Among the lines of the data, copy those that hold "unfolding".
------
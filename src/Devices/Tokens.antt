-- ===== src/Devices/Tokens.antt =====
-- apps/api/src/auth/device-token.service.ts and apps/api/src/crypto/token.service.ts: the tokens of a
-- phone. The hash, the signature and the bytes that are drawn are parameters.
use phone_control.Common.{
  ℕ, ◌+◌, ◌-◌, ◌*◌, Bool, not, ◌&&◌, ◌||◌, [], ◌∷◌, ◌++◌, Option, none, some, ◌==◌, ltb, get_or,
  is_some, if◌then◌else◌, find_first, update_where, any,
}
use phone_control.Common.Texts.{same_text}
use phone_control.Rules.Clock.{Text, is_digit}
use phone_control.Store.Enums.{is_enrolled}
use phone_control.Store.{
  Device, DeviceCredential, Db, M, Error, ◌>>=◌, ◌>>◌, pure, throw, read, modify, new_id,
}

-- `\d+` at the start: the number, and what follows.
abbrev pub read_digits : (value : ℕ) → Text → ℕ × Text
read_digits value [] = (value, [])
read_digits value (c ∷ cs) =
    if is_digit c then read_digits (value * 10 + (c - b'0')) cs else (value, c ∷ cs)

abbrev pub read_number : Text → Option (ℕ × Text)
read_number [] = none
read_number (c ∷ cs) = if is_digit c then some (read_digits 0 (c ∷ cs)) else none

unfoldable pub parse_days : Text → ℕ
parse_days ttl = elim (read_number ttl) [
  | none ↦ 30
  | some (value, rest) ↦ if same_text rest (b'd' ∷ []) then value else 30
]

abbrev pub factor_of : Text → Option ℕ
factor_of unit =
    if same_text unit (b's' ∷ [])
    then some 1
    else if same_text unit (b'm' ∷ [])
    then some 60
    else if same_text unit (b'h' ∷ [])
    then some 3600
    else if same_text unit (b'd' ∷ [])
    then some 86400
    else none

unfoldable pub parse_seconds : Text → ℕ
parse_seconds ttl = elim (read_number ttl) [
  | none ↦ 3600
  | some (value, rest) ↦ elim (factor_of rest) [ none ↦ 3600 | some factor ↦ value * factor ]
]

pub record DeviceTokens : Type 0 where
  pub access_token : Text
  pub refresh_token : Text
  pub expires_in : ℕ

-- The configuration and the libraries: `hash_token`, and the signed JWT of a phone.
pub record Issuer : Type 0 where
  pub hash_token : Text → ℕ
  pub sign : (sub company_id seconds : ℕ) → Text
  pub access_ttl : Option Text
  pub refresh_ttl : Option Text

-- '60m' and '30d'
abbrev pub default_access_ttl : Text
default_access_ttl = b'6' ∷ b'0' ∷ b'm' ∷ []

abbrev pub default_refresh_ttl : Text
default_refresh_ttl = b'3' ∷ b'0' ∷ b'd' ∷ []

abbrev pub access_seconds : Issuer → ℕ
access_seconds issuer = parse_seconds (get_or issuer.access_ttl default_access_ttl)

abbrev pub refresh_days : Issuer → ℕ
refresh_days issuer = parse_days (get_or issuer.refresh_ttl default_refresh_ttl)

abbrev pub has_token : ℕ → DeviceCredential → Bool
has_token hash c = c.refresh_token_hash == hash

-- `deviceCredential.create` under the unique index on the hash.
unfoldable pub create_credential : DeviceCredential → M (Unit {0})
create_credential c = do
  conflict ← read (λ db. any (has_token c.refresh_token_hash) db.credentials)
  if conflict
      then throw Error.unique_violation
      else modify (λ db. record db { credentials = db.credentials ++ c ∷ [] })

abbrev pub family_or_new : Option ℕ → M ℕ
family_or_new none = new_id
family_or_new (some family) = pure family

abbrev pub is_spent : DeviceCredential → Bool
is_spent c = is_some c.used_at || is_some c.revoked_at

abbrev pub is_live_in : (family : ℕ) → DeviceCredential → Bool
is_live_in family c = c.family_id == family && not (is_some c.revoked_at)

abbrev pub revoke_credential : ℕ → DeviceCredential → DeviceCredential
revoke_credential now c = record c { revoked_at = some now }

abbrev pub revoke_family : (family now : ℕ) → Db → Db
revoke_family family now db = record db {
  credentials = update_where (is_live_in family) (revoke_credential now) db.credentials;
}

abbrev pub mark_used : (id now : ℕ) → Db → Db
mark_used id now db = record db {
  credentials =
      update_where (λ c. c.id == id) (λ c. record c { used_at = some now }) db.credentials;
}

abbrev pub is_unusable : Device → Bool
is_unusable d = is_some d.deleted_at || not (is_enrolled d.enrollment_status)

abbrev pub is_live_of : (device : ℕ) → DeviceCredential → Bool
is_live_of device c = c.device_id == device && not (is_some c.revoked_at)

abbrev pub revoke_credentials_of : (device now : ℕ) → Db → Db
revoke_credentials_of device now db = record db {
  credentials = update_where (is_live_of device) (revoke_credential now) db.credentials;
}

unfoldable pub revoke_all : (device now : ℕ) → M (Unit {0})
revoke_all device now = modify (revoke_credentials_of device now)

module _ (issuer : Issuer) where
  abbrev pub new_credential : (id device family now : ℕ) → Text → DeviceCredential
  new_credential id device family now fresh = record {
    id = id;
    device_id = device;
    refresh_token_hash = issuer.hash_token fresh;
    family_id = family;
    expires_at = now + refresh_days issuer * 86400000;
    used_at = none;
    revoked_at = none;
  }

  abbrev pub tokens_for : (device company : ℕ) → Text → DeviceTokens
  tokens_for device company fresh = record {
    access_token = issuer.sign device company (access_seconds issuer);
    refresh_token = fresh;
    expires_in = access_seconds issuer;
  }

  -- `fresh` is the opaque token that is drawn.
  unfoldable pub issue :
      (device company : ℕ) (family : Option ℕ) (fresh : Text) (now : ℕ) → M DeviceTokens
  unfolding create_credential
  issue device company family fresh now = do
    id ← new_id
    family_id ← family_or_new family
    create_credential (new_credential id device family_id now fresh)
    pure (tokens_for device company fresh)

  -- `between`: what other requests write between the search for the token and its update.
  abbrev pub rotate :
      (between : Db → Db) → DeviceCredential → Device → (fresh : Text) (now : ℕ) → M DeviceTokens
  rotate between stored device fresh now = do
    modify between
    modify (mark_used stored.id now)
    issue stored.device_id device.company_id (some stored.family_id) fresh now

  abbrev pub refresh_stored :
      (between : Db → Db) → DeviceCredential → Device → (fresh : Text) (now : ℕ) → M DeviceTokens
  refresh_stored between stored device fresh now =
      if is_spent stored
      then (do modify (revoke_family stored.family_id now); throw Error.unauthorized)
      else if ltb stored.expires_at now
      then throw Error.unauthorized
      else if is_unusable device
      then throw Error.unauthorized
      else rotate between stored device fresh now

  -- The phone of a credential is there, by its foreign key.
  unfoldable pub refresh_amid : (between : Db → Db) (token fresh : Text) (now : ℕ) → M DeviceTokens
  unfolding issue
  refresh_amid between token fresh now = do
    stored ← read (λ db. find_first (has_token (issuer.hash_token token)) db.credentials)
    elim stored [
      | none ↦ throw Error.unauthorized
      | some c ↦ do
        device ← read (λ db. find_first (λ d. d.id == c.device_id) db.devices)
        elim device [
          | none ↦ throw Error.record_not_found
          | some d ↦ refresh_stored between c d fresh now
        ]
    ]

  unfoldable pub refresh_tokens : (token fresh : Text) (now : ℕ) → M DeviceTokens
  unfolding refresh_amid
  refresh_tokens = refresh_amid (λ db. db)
------
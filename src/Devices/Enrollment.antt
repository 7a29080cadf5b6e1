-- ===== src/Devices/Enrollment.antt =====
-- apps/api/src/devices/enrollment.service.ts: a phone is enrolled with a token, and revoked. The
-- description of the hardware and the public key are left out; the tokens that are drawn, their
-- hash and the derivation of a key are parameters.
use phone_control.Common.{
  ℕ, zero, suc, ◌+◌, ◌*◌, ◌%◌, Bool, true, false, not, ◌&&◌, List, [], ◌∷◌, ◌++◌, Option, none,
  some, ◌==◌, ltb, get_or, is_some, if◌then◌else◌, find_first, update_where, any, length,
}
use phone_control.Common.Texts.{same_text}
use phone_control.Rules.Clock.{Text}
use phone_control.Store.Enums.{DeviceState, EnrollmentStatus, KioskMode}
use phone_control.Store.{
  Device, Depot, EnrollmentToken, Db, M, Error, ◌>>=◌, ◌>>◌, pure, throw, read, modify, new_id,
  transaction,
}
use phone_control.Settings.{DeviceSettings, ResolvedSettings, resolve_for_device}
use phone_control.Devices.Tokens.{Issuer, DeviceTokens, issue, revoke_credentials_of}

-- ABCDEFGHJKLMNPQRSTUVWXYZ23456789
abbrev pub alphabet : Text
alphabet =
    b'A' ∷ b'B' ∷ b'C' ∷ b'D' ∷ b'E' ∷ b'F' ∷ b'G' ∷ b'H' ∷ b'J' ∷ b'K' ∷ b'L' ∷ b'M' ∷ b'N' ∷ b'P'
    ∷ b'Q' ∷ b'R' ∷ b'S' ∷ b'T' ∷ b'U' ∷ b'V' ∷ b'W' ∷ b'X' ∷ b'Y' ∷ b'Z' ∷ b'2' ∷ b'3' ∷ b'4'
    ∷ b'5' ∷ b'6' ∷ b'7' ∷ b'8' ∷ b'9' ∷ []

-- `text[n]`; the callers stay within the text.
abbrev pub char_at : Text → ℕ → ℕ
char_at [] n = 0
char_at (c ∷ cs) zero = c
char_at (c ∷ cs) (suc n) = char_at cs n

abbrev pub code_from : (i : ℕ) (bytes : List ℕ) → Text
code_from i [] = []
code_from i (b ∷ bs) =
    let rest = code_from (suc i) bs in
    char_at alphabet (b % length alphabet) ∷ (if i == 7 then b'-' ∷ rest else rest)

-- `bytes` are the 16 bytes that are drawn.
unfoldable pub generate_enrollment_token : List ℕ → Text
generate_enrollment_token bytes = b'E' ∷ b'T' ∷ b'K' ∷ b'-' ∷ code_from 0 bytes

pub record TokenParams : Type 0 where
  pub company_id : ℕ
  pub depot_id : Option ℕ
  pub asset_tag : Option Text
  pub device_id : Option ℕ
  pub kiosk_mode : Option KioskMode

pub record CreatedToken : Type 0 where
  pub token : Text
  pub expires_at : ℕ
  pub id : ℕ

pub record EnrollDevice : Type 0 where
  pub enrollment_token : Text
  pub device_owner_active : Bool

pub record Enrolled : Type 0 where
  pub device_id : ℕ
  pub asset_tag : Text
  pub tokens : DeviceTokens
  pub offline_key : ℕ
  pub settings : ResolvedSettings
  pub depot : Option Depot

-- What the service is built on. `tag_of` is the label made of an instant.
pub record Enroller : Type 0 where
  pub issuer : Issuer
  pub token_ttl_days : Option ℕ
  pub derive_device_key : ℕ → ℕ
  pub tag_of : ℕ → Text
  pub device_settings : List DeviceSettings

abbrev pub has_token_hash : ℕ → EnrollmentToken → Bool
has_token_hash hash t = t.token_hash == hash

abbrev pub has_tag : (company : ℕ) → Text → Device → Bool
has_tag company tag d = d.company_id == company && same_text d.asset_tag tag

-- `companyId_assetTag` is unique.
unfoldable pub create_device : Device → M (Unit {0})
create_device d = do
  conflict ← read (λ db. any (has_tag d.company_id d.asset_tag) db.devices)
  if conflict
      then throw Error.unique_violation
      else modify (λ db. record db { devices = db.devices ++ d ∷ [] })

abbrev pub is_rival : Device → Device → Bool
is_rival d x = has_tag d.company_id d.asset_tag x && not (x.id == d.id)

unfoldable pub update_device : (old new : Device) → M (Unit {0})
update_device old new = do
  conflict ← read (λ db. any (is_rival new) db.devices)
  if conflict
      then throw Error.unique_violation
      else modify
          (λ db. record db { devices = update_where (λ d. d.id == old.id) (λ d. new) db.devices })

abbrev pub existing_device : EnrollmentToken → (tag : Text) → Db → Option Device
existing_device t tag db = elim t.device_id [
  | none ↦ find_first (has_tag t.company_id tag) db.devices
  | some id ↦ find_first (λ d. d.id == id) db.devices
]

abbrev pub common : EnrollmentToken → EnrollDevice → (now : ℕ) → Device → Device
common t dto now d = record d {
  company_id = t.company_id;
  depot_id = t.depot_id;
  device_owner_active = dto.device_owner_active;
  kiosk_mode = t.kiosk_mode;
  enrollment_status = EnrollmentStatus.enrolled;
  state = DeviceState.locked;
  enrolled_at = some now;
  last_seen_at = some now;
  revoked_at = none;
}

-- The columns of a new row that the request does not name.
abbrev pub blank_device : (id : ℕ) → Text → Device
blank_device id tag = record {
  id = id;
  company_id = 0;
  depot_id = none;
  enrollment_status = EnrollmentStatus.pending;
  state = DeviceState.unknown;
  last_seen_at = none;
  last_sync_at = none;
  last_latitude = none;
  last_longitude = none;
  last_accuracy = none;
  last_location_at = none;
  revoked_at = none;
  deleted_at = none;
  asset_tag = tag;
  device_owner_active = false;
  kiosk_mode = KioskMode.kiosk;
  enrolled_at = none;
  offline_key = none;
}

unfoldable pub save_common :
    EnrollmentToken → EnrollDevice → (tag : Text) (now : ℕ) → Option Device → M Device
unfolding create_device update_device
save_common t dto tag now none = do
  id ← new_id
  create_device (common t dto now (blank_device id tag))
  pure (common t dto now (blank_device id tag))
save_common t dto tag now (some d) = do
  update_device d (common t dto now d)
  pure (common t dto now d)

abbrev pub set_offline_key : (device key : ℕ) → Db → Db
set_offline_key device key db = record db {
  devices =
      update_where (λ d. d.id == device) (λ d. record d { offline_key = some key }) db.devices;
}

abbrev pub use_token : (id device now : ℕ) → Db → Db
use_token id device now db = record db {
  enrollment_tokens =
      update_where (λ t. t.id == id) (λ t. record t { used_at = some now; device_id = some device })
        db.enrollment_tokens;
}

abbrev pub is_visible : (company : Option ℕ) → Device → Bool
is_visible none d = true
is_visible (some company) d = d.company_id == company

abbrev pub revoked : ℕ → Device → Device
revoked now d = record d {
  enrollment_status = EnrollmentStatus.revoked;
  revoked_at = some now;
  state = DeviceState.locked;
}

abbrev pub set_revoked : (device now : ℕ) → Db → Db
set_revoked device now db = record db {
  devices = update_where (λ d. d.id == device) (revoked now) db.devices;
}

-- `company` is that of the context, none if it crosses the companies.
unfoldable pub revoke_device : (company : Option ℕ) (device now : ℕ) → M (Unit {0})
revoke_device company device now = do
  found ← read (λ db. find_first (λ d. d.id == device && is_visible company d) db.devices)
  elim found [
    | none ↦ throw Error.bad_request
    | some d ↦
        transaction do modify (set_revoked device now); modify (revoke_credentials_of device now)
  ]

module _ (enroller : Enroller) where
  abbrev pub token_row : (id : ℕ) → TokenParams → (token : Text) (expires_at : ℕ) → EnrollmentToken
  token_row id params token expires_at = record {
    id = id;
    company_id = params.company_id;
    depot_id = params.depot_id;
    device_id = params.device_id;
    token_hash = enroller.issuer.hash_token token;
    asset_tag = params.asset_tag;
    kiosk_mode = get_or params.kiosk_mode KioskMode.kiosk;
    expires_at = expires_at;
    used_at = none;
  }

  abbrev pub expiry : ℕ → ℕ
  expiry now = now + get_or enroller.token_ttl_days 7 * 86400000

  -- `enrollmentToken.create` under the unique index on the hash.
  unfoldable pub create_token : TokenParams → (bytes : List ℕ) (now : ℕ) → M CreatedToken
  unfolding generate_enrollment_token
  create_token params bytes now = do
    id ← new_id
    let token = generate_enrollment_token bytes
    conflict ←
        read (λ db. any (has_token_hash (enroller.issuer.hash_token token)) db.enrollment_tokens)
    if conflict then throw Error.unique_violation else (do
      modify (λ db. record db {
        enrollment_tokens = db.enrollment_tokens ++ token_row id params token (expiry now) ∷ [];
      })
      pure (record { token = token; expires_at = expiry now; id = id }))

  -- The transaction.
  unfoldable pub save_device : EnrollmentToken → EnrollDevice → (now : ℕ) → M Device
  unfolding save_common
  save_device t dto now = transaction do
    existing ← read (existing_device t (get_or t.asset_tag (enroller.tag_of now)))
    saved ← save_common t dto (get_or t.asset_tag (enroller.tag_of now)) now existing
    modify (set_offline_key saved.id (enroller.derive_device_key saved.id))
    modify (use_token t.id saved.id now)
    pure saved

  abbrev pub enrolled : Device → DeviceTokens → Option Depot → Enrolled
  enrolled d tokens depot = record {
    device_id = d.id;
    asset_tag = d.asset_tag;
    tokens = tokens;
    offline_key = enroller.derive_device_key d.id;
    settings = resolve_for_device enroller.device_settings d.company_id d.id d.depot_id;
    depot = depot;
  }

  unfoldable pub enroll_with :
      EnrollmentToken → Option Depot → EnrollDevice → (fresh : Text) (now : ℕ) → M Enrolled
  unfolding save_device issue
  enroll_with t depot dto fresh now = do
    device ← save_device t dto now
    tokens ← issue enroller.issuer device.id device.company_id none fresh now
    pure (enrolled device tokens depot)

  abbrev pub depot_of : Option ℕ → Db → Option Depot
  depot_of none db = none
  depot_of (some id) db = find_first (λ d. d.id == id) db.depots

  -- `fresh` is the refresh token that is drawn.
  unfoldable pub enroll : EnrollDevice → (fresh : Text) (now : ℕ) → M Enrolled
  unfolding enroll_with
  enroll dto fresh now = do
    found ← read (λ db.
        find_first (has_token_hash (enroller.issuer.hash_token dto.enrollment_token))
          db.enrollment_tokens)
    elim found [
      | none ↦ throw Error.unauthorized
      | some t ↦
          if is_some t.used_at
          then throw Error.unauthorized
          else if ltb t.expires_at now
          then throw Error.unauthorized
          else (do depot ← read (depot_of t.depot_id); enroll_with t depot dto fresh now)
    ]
------
Your solution —
  unfolding create_credential
  unfolding issue
  unfolding refresh_amid
unfolding create_device update_device
  unfolding generate_enrollment_token
  unfolding save_common
  unfolding save_device issue
  unfolding enroll_with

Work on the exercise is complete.